■ WHAT YOU HAVE TO DO
Line by line, check the data for the string "beginning" and state how many lines have it, nothing more.

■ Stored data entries

•••••

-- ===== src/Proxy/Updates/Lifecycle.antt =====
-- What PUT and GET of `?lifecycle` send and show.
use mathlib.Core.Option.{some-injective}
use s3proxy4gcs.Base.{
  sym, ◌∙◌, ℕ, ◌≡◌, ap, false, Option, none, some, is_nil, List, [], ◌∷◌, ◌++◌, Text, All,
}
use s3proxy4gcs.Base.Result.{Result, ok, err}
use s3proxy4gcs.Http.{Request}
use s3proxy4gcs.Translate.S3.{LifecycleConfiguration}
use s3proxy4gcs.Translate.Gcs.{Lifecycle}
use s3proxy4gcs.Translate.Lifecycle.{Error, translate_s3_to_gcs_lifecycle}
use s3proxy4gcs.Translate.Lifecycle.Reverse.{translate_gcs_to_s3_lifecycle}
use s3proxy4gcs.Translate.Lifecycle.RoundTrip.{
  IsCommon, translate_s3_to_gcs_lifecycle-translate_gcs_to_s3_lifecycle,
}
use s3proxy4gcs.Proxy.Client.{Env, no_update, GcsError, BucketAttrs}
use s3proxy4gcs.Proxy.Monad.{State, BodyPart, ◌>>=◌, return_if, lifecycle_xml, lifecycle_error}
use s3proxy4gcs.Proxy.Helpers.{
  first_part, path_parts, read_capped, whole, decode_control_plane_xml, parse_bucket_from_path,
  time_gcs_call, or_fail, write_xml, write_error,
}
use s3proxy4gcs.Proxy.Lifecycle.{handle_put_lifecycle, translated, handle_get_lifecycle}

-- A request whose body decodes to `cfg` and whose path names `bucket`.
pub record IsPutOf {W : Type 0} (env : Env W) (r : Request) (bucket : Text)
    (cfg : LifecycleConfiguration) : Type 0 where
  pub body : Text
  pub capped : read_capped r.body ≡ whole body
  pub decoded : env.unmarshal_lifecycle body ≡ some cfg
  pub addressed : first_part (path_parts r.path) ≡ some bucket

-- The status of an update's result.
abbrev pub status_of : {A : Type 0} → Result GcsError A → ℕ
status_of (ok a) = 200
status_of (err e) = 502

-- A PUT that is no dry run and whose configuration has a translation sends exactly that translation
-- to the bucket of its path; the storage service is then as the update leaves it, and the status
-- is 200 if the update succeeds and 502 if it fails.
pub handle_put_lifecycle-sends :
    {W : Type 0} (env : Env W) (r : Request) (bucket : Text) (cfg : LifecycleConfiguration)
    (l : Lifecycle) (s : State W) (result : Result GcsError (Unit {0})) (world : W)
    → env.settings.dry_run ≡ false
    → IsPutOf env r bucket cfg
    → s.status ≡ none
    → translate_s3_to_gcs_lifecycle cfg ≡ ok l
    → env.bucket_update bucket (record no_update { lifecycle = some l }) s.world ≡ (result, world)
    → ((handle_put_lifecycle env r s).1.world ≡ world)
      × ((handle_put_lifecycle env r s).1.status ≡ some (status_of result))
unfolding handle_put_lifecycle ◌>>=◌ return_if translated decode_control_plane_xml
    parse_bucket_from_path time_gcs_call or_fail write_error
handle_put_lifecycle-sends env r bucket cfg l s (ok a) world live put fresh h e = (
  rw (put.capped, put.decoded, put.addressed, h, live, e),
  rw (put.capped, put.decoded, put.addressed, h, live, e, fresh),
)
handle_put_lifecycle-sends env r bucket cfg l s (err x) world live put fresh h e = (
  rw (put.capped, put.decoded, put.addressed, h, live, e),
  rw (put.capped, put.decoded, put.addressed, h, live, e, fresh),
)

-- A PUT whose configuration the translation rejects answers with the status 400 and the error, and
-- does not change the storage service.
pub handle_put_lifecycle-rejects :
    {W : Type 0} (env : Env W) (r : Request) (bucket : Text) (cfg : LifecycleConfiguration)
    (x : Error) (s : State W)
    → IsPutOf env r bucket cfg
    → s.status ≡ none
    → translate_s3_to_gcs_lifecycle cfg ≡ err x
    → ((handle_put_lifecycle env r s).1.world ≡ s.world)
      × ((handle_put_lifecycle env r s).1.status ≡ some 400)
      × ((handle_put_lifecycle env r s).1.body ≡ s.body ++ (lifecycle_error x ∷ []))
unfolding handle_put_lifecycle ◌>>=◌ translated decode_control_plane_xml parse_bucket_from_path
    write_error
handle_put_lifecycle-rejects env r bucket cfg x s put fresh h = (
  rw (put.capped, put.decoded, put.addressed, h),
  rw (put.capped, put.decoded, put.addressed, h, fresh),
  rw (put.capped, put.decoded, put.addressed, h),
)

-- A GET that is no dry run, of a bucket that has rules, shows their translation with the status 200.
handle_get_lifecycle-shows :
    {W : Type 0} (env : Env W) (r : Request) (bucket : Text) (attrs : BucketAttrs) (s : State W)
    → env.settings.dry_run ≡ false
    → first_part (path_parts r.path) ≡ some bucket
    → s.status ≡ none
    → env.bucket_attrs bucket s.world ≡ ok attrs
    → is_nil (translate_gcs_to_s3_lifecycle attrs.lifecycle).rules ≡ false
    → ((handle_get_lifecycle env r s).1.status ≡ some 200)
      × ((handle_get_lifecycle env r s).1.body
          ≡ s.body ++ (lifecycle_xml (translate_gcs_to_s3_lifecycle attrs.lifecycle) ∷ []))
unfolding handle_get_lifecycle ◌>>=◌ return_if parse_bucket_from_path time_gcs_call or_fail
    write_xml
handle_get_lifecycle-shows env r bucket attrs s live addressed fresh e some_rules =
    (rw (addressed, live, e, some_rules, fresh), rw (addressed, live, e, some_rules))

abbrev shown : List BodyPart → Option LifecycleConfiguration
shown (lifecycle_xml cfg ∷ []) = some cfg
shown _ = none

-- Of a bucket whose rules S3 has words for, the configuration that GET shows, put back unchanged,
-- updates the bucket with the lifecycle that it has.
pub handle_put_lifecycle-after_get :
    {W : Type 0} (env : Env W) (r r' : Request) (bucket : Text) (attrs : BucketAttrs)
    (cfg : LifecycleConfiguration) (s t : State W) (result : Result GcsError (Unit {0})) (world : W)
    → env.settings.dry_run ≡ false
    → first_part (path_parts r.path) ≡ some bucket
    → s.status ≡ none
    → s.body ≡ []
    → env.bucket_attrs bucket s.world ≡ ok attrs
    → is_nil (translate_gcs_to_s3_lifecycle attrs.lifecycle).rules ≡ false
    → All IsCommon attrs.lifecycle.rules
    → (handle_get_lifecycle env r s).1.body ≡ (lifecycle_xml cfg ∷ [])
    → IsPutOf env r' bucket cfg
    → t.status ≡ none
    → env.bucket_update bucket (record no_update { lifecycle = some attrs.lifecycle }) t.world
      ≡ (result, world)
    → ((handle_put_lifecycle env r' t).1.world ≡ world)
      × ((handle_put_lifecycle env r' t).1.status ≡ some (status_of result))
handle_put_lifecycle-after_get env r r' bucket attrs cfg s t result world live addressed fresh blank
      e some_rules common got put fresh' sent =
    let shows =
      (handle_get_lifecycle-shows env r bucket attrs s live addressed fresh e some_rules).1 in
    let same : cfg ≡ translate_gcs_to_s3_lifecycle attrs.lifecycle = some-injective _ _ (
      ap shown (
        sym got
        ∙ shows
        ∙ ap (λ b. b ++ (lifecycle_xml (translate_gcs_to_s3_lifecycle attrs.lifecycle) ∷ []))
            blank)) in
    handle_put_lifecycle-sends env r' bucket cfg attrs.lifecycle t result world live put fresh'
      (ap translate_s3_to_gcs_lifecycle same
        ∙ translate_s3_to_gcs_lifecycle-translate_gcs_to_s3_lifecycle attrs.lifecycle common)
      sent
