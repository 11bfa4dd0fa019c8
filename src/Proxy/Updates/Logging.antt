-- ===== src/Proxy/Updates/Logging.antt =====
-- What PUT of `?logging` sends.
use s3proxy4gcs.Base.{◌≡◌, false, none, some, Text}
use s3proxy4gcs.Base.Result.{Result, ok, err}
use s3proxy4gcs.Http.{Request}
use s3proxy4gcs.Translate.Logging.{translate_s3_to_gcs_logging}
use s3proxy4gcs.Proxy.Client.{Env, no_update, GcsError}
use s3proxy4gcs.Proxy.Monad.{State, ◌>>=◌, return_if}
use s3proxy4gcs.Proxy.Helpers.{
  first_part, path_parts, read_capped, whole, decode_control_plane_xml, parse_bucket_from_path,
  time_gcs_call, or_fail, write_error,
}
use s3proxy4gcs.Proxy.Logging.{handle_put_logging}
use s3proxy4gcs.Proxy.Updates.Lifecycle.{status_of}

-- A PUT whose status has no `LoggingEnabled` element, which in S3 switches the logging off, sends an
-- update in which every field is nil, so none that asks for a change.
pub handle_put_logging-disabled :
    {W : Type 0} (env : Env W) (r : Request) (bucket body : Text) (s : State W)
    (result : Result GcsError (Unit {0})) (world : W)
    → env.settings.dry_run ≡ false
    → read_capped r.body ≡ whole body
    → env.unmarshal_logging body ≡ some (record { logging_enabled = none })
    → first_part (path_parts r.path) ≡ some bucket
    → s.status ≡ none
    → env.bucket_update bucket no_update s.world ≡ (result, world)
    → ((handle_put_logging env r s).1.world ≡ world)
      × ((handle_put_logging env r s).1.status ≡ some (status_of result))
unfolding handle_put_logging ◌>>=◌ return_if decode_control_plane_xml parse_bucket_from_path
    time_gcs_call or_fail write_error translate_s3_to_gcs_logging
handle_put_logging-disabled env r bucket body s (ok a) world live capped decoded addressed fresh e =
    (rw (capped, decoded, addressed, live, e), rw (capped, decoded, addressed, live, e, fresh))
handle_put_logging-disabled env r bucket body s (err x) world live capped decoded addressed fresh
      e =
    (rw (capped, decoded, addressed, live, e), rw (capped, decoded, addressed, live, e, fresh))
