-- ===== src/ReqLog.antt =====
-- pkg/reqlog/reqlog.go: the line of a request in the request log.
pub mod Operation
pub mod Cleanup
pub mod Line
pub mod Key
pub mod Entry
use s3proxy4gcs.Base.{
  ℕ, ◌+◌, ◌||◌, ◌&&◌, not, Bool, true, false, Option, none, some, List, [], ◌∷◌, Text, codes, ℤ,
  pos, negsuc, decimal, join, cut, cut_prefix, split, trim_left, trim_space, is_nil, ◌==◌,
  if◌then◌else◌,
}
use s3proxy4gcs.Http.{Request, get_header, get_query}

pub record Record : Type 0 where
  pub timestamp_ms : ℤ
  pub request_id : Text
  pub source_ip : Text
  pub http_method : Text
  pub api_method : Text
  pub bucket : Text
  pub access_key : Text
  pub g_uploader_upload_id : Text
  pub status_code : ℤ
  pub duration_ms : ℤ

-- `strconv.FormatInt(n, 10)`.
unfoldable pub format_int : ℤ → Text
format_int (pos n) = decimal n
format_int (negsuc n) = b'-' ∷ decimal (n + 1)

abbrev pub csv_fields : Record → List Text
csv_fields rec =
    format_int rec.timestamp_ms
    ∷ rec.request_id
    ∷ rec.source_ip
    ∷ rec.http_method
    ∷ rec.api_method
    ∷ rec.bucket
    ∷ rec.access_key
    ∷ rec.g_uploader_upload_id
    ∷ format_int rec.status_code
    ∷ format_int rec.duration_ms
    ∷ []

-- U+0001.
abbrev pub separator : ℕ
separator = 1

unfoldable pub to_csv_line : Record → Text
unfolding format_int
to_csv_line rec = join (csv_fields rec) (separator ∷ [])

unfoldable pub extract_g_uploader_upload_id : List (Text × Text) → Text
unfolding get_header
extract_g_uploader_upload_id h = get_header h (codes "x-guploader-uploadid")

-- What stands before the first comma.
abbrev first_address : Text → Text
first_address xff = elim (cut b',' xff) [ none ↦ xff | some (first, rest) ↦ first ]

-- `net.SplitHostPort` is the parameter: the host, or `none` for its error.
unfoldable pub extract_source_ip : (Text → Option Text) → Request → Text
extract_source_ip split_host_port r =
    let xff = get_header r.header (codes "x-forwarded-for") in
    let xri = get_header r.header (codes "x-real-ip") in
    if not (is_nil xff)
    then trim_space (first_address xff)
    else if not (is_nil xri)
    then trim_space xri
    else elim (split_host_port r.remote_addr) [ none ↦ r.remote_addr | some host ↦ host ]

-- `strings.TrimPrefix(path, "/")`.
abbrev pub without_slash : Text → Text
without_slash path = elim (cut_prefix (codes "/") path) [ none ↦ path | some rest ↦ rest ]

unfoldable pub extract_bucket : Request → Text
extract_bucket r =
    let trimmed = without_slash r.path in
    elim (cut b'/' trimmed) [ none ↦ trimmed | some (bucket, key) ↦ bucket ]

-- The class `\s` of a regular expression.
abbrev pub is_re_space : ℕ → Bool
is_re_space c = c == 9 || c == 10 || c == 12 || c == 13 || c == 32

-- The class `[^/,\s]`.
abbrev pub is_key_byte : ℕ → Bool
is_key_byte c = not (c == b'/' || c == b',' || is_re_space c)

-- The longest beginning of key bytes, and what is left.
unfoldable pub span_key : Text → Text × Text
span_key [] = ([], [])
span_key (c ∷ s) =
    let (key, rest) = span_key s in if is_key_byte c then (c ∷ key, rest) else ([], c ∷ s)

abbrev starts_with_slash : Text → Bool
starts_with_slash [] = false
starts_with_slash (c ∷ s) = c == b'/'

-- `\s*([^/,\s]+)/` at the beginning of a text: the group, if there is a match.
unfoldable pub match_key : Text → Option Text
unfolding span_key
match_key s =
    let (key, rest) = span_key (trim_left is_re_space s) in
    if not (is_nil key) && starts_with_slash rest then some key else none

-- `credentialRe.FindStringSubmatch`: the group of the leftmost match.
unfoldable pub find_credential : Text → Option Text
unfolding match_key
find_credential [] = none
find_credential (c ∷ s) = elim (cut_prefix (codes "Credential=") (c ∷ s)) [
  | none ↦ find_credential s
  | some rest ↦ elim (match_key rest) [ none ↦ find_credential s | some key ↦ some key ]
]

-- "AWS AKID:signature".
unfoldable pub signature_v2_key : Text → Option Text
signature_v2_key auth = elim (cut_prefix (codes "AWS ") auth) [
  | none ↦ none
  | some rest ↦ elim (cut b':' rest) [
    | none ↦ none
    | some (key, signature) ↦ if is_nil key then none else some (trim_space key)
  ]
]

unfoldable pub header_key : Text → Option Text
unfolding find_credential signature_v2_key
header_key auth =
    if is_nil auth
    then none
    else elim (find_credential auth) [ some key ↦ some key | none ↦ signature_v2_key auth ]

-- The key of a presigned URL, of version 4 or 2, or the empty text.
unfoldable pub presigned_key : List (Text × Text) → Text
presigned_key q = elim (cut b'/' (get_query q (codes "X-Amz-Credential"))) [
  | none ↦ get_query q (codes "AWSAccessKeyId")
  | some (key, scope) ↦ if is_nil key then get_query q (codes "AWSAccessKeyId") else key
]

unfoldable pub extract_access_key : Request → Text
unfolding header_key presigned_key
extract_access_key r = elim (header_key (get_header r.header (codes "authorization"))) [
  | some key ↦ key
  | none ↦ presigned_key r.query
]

•••••

■ RESPONSE FOR THIS EXERCISE
2